What you are asked to do: Every line below that holds the string "length" should be copied.

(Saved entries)
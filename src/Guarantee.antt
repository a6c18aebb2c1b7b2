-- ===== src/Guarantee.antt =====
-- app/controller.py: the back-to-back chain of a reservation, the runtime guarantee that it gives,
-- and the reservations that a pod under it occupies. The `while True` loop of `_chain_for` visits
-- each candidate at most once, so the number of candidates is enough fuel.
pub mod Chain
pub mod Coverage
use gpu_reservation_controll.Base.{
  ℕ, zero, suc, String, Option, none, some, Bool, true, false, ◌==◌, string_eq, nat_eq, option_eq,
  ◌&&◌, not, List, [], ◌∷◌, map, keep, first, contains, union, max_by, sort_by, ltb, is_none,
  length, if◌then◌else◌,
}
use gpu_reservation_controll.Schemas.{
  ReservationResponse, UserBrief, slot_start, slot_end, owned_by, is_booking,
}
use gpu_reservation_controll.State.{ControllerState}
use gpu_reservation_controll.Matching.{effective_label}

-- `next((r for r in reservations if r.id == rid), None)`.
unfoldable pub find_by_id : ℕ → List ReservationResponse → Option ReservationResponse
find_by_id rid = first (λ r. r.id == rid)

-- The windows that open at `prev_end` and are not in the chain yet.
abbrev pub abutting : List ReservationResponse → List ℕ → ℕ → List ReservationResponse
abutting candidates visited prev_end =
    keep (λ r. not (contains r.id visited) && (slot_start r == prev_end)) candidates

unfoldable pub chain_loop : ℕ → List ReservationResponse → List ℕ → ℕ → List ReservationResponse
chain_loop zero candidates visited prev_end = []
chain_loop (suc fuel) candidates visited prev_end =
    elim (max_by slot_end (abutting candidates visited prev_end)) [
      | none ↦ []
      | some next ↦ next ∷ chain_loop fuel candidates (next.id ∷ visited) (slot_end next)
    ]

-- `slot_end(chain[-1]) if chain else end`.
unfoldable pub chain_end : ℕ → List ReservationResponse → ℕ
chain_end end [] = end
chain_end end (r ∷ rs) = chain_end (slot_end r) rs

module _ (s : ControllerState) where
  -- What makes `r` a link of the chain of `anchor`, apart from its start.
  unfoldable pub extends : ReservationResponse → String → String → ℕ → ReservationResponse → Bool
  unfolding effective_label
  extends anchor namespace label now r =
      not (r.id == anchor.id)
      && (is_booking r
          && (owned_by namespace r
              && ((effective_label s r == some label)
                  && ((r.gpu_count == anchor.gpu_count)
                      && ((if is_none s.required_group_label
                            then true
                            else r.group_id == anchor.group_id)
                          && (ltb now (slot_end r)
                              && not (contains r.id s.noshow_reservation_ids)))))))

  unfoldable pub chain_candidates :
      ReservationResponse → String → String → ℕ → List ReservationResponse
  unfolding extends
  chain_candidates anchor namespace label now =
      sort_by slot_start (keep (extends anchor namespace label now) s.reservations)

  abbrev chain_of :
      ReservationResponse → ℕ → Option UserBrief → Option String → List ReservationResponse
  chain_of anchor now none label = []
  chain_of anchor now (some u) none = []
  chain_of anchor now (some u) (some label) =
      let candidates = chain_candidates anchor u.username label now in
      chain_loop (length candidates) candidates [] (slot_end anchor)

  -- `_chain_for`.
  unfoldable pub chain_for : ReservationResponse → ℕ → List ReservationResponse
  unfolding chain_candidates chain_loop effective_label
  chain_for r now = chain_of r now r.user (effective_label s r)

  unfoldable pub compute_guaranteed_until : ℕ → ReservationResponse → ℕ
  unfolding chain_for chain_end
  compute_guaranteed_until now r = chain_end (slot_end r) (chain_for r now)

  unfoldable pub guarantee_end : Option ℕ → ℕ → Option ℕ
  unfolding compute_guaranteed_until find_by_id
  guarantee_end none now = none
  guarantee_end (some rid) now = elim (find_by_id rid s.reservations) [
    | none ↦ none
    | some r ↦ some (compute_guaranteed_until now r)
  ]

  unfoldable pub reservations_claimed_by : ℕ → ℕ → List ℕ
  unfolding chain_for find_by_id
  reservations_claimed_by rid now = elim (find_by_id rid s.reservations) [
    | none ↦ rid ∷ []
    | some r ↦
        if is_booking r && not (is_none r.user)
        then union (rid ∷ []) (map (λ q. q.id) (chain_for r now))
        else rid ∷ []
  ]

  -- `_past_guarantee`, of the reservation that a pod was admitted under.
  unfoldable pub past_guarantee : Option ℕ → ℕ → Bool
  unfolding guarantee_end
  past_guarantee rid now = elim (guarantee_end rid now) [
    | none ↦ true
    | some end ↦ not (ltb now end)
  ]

...

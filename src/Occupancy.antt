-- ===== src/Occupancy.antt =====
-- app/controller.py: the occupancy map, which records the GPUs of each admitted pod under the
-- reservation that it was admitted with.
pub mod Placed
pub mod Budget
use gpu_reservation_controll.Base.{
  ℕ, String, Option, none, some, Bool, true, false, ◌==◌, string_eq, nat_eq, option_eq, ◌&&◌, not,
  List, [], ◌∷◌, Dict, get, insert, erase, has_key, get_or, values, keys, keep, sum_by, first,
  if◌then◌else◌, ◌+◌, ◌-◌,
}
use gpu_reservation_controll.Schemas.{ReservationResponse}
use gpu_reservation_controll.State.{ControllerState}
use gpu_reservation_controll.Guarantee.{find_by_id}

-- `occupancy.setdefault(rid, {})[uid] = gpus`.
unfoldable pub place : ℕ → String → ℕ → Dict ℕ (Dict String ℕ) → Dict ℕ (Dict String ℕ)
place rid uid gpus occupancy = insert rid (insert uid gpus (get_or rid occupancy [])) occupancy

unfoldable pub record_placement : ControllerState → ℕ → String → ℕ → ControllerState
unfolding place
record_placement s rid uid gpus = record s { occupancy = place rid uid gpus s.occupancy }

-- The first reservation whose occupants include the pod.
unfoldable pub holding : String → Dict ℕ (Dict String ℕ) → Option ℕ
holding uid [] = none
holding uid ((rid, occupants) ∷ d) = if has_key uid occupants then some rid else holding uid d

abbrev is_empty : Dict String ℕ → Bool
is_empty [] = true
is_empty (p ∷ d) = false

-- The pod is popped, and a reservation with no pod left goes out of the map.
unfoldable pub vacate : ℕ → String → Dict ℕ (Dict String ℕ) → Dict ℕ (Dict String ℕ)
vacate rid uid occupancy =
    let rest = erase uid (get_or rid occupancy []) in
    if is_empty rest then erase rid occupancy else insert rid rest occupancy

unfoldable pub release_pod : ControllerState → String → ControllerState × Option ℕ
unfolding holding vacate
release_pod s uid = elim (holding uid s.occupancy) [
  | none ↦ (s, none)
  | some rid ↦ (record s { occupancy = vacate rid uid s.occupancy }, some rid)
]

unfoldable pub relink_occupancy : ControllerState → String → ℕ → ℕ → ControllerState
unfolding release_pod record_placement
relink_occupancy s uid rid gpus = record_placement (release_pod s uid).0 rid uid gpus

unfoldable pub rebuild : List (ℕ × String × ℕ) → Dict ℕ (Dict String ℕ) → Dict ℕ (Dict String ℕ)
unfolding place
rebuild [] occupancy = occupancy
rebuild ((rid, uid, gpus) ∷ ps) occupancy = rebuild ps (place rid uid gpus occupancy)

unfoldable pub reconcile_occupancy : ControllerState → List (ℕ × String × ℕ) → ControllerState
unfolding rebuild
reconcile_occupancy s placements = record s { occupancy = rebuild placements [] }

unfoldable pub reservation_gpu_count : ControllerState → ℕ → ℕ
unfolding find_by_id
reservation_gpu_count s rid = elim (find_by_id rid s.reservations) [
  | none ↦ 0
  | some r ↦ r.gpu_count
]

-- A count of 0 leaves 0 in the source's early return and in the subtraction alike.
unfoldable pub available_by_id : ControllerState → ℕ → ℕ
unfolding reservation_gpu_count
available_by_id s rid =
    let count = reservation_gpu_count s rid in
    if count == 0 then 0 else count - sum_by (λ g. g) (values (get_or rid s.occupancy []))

Result:
  length, if◌then◌else◌,
      chain_loop (length candidates) candidates [] (slot_end anchor)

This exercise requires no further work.